The terms literal refers to a fixed data value. For example, 'DAVID', 'w3resource', and '405' are all character literals; 4567 is a numeric literal. Character literals are enclosed in single quotation marks so that Oracle can distinguish them from schema object names. Here we have discussed the syntactical and structural rules for writing the following elements of Oracle statements.

  • Text Literals
  • Numeric Literals
  • Datetime Literals
  • Interval Literals

Text Literals

The text specifies a text or character literal. Use this notation to specify values whenever 'text' or char appear in expressions, conditions, SQL functions, and SQL statements in other parts of this reference. Text, character, and string literals are always surrounded by single quotation marks. This reference uses the terms text literal and character literal interchangeably.

Syntax:

[ {N | n} ]
{ '[ c ]...'
| { Q | q } 'quote_delimiter c [ c ]... quote_delimiter'
}

Where:

  • N or n specifies the literal using the national character set. Text entered using this notation is translated into the national character set by Oracle when used. In the top branch of the syntax:
  • c is any member of the user's character set. A single quotation mark (') within the literal must be preceded by an escape character. To represent one single quotation mark within a literal, enter two single quotation marks.
  • ' ' are two single quotation marks that begin and end text literals.
  • Q or q indicates that the alternative quoting mechanism will be used. This mechanism allows a wide range of delimiters for the text string.
  • The outermost ' ' are two single quotation marks that precede and follow, respectively, the opening and closing quote_delimiter.
  • c is any member of the user's character set. You can include quotation marks (") in the text literal made up of c characters. You can also include the quote_delimiter, as long as it is not immediately followed by a single quotation mark.
  • quote_delimiter is any single- or multibyte character except space, tab, and return. The quote_delimiter can be a single quotation mark. However, if the quote_delimiter appears in the text literal itself, ensure that it is not immediately followed by a single quotation mark.
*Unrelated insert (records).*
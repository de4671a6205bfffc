-- ===== src/Pidtrack/Tracker/Laws.antt =====
-- How long internal/pidtrack/tracker.go reuses an answer, and what it says of a socket not found.
use tachyon_core.Base.{
  ℕ, ◌+◌, true, ◌∷◌, some, none, if◌then◌else◌, ltb, ◌≡◌, refl, arith, subst, sym, ap,
}
use tachyon_core.Base.Outcome.{Outcome, ok}
use tachyon_core.Base.Text.{same_text_refl}
use tachyon_core.Pidtrack.Flow.{FlowKey, ProcessInfo, Transport, tcp, udp, Ip, no_ip, v4, v6, ip_eq}
use tachyon_core.Pidtrack.Tracker.{
  Cache, CacheKey, CacheEntry, Attempt, failed, cached, key_of, key_eq, transport_eq, evict_key,
  lookup_flow, look_up, try_provider, no_process, cache_ttl, Cancelled,
}

-- A provider that fails in all three rounds leaves the cache as it is, and the answer is a process
-- with no name and no error: the caller is not told that the lookup failed.
pub lookup_flow_failed :
    (cache : Cache) (flow : FlowKey) (now later : ℕ) (rounds : ℕ → Attempt)
    → cached (key_of flow) cache ≡ none
    → (rounds 0 ≡ failed) × (rounds 1 ≡ failed) × (rounds 2 ≡ failed)
    → lookup_flow cache flow now later rounds ≡ (cache, ok no_process)
unfolding lookup_flow look_up try_provider
lookup_flow_failed cache flow now later rounds miss (r0, r1, r2) =
    rw (miss, lookup_flow, r0, r1, r2) refl

ip_eq_refl : (ip : Ip) → ip_eq ip ip ≡ true
ip_eq_refl no_ip = refl
ip_eq_refl (v4 a b c d) = ground arith
ip_eq_refl (v6 bs) = same_text_refl bs

transport_eq_refl : (t : Transport) → transport_eq t t ≡ true
transport_eq_refl tcp = refl
transport_eq_refl udp = refl

key_eq_refl : (k : CacheKey) → key_eq k k ≡ true
unfolding key_eq
key_eq_refl k = rw (transport_eq_refl k.transport, ip_eq_refl k.local_ip) (ground arith)

abbrev fresh_entry : FlowKey → ℕ → ProcessInfo → CacheEntry
fresh_entry flow later info = record { key = key_of flow; info = info; expires = later + cache_ttl }

after_answer :
    (cache : Cache) (flow : FlowKey) (now later : ℕ) (rounds : ℕ → Attempt) (info : ProcessInfo)
    → cached (key_of flow) cache ≡ none
    → try_provider true 3 rounds ≡ ok (some info)
    → lookup_flow cache flow now later rounds
      ≡ (fresh_entry flow later info ∷ evict_key (key_of flow) cache, ok info)
unfolding lookup_flow look_up
after_answer cache flow now later rounds info miss p = rw (miss, lookup_flow, p) refl

-- The answer that the provider gave for a flow that was not cached is given again to the next
-- lookup of the flow while it is less than `cache_ttl` old, whatever the provider would say then;
-- from that time on the provider is asked.
pub lookup_flow_again :
    (cache : Cache) (flow : FlowKey) (now later : ℕ) (rounds : ℕ → Attempt) (info : ProcessInfo)
    (again later' : ℕ) (rounds' : ℕ → Attempt)
    → cached (key_of flow) cache ≡ none
    → try_provider true 3 rounds ≡ ok (some info)
    → let cache' = (lookup_flow cache flow now later rounds).0 in
      lookup_flow cache' flow again later' rounds' ≡ (
        if ltb again (later + cache_ttl)
        then (cache', ok info)
        else look_up cache' (key_of flow) later' rounds')
unfolding lookup_flow cached
lookup_flow_again cache flow now later rounds info again later' rounds' miss p =
    let cache' : Cache = fresh_entry flow later info ∷ evict_key (key_of flow) cache in
    let hit : cached (key_of flow) cache' ≡ some (fresh_entry flow later info) =
      rw (key_eq_refl (key_of flow)) refl in
    subst
      (λ (c : Cache). lookup_flow c flow again later' rounds' ≡ (
        if ltb again (later + cache_ttl)
        then (c, ok info)
        else look_up c (key_of flow) later' rounds'))
      (sym (
        ap (λ (r : Cache × Outcome Cancelled ProcessInfo). r.0)
          (after_answer cache flow now later rounds info miss p)))
      (rw (hit, lookup_flow) refl)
Here are some valid text literals:

  • 'w3resource'
  • 'w3resource.com'
  • 'David ' 's raincoat'
  • '11-01-2015'
  • N'nchar literal'

Here are some valid text literals using the alternative quoting mechanism:

  • q'!name LIKE '%DBMS_%%'!'
  • q'<'So,' she said, 'It's finished.'>'
  • q'{SELECT * FROM employees WHERE last_name = 'Smith';}'
  • nq'ï Ÿ1234 ï'
  • q'"name like '['"'

Numeric Literals

Numeric literal notation is used to specify fixed and floating-point numbers. Floating-point numbers use '.' as a decimal separator. Both types of numbers may be preceded by '+' or '-' to indicate a positive or negative numbers. You can use the integer notation in expressions, conditions, SQL functions, and SQL statements. The examples of integer is as follows:

Syntax of integer:

[ + | - ] digit [ digit ]...

where digit is one of 0, 1, 2, 3, 4, 5, 6, 7, 8, 9.

An integer can store a maximum of 38 digits of precision.
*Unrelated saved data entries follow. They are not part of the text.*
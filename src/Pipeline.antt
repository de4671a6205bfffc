-- ===== src/Pipeline.antt =====
-- internal/pipeline: from a captured packet to a decision.
pub mod Packet
pub mod Router
pub mod Run
mod Tests
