-- ===== src/Routing/Match.antt =====
-- internal/routing/profile.go: whether a process matches a rule, and whether it is a Steam game.
-- Text is ASCII.
use tachyon_core.Base.{
  ℕ, Bool, true, false, List, [], ◌∷◌, ◌++◌, Option, none, some, if◌then◌else◌, ◌==◌, ◌||◌, ◌&&◌,
  not, drop,
}
use tachyon_core.Base.Bytes.{Bytes}
use tachyon_core.Base.Text.{
  same_text, is_empty, to_lower, equal_fold, trim_space, has_prefix, contains, replace_byte,
  trim_last, parse_uint32,
}
use tachyon_core.Base.Paths.{clean}
use tachyon_core.Pidtrack.Flow.{ProcessInfo, ProcessSummary}

pub record MatchRule : Type 0 where
  pub process_names : List Bytes
  pub paths : List Bytes
  pub path_prefixes : List Bytes
  pub sha256 : List Bytes
  pub steam_app_ids : List ℕ

unfoldable pub contains_fold : List Bytes → Bytes → Bool
contains_fold [] target = false
contains_fold (value ∷ values) target = equal_fold value target || contains_fold values target

pub contains_uint32 : List ℕ → ℕ → Bool
contains_uint32 [] target = false
contains_uint32 (value ∷ values) target = value == target || contains_uint32 values target

pub normalize_path : Bytes → Bytes
normalize_path path =
    let trimmed = trim_space path in
    if is_empty trimmed then [] else to_lower (clean (replace_byte 92 47 trimmed))

pub path_prefix_match : Bytes → Bytes → Bool
path_prefix_match prefix target =
    if is_empty prefix || is_empty target
    then false
    else if same_text prefix target
    then true
    else has_prefix (trim_last 47 prefix ++ (47 ∷ [])) target

path_equals_normalized : List Bytes → Bytes → Bool
path_equals_normalized [] target = false
path_equals_normalized (value ∷ values) target =
    same_text (normalize_path value) target || path_equals_normalized values target

pub path_equals_any : List Bytes → Bytes → Bool
unfolding path_equals_normalized
path_equals_any values target = path_equals_normalized values (normalize_path target)

path_has_prefix_normalized : List Bytes → Bytes → Bool
path_has_prefix_normalized [] target = false
path_has_prefix_normalized (prefix ∷ prefixes) target =
    path_prefix_match (normalize_path prefix) target || path_has_prefix_normalized prefixes target

pub path_has_prefix_any : List Bytes → Bytes → Bool
unfolding path_has_prefix_normalized
path_has_prefix_any prefixes target = path_has_prefix_normalized prefixes (normalize_path target)

-- "steam_app_id"
abbrev steam_tag : Bytes
steam_tag = 115 ∷ 116 ∷ 101 ∷ 97 ∷ 109 ∷ 95 ∷ 97 ∷ 112 ∷ 112 ∷ 95 ∷ 105 ∷ 100 ∷ []

-- "-steam_appid"
abbrev steam_flag : Bytes
steam_flag = 45 ∷ 115 ∷ 116 ∷ 101 ∷ 97 ∷ 109 ∷ 95 ∷ 97 ∷ 112 ∷ 112 ∷ 105 ∷ 100 ∷ []

-- "-steam_appid="
abbrev steam_assignment : Bytes
steam_assignment = 45 ∷ 115 ∷ 116 ∷ 101 ∷ 97 ∷ 109 ∷ 95 ∷ 97 ∷ 112 ∷ 112 ∷ 105 ∷ 100 ∷ 61 ∷ []

-- "steam.exe"
abbrev steam_exe : Bytes
steam_exe = 115 ∷ 116 ∷ 101 ∷ 97 ∷ 109 ∷ 46 ∷ 101 ∷ 120 ∷ 101 ∷ []

-- "steamwebhelper.exe"
abbrev steam_helper : Bytes
steam_helper =
    115 ∷ 116 ∷ 101 ∷ 97 ∷ 109 ∷ 119 ∷ 101 ∷ 98 ∷ 104 ∷ 101 ∷ 108 ∷ 112 ∷ 101 ∷ 114 ∷ 46 ∷ 101 ∷ 120
    ∷ 101 ∷ []

-- "steamservice.exe"
abbrev steam_service : Bytes
steam_service =
    115 ∷ 116 ∷ 101 ∷ 97 ∷ 109 ∷ 115 ∷ 101 ∷ 114 ∷ 118 ∷ 105 ∷ 99 ∷ 101 ∷ 46 ∷ 101 ∷ 120 ∷ 101 ∷ []

-- "steam"
abbrev steam : Bytes
steam = 115 ∷ 116 ∷ 101 ∷ 97 ∷ 109 ∷ []

-- "/steamapps/common/"
abbrev steam_folder : Bytes
steam_folder =
    47 ∷ 115 ∷ 116 ∷ 101 ∷ 97 ∷ 109 ∷ 97 ∷ 112 ∷ 112 ∷ 115 ∷ 47 ∷ 99 ∷ 111 ∷ 109 ∷ 109 ∷ 111 ∷ 110
    ∷ 47 ∷ []

-- `proc.Tags["steam_app_id"]`, empty if there is none.
tag_value : Bytes → List (Bytes × Bytes) → Bytes
tag_value key [] = []
tag_value key ((k, v) ∷ tags) = if same_text k key then v else tag_value key tags

parse_argument : List Bytes → Option ℕ
parse_argument [] = none
parse_argument (raw ∷ args) = parse_uint32 raw

-- The loop over the command line.
app_id_of_arguments : List Bytes → Option ℕ
unfolding parse_argument
app_id_of_arguments [] = none
app_id_of_arguments (arg ∷ args) =
    let rest = app_id_of_arguments args in
    let separate = if equal_fold arg steam_flag then parse_argument args else none in
    let joined =
      if has_prefix steam_assignment (to_lower arg)
      then parse_uint32 (drop 13 (to_lower arg))
      else none in
    elim separate [ some id ↦ some id | none ↦ elim joined [ some id ↦ some id | none ↦ rest ] ]

pub steam_app_id : ProcessInfo → Option ℕ
unfolding app_id_of_arguments tag_value
steam_app_id proc =
    let raw = tag_value steam_tag proc.tags in
    let tagged = if is_empty raw then none else parse_uint32 raw in
    elim tagged [ some id ↦ some id | none ↦ app_id_of_arguments proc.command_line ]

matches_app_id : List ℕ → ProcessInfo → Bool
matches_app_id ids proc = elim (steam_app_id proc) [
  | none ↦ false
  | some id ↦ contains_uint32 ids id
]

-- The tests for empty lists leave out only searches that fail.
unfoldable pub rule_matches : MatchRule → ProcessInfo → Bool
unfolding matches_app_id
rule_matches m proc =
    (not (is_empty m.process_names) && contains_fold m.process_names proc.name)
    || (not (is_empty m.paths) && path_equals_any m.paths proc.executable_path)
    || (not (is_empty m.path_prefixes) && path_has_prefix_any m.path_prefixes proc.executable_path)
    || (not (is_empty m.sha256) && contains_fold m.sha256 proc.sha256)
    || (not (is_empty m.steam_app_ids) && matches_app_id m.steam_app_ids proc)

has_steam_ancestor : List ProcessSummary → Bool
has_steam_ancestor [] = false
has_steam_ancestor (a ∷ ancestors) =
    same_text (to_lower a.name) steam_exe
    || same_text (to_lower a.name) steam
    || has_steam_ancestor ancestors

pub is_steam_game_process : ProcessInfo → Bool
unfolding has_steam_ancestor
is_steam_game_process proc =
    let name = to_lower proc.name in
    if same_text name steam_exe || same_text name steam_helper || same_text name steam_service
    then false
    else elim (steam_app_id proc) [
      | some id ↦ true
      | none ↦
          contains steam_folder (normalize_path proc.executable_path)
          || has_steam_ancestor proc.ancestors
    ]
Here are some valid integers:

8
+256

NUMBER and Floating-Point Literals

Syntax of number follows:

[ + | - ]
{ digit [ digit ]... [ . ] [ digit [ digit ]... ]
| . digit [ digit ]...
}
[ e [ + | - ] digit [ digit ]... ]
[ f | d ]

where

  • + or - indicates a positive or negative value. If you omit the sign, then a positive value is the default.
  • digit is one of 0, 1, 2, 3, 4, 5, 6, 7, 8 or 9.
  • e or E indicates that the number is specified in scientific notation. The digits after the E specify the exponent. The exponent can range from -130 to 125.
  • f or F indicates that the number is a 32-bit binary floating point number of type BINARY_FLOAT.
  • d or D indicates that the number is a 64-bit binary floating point number of type BINARY_DOUBLE.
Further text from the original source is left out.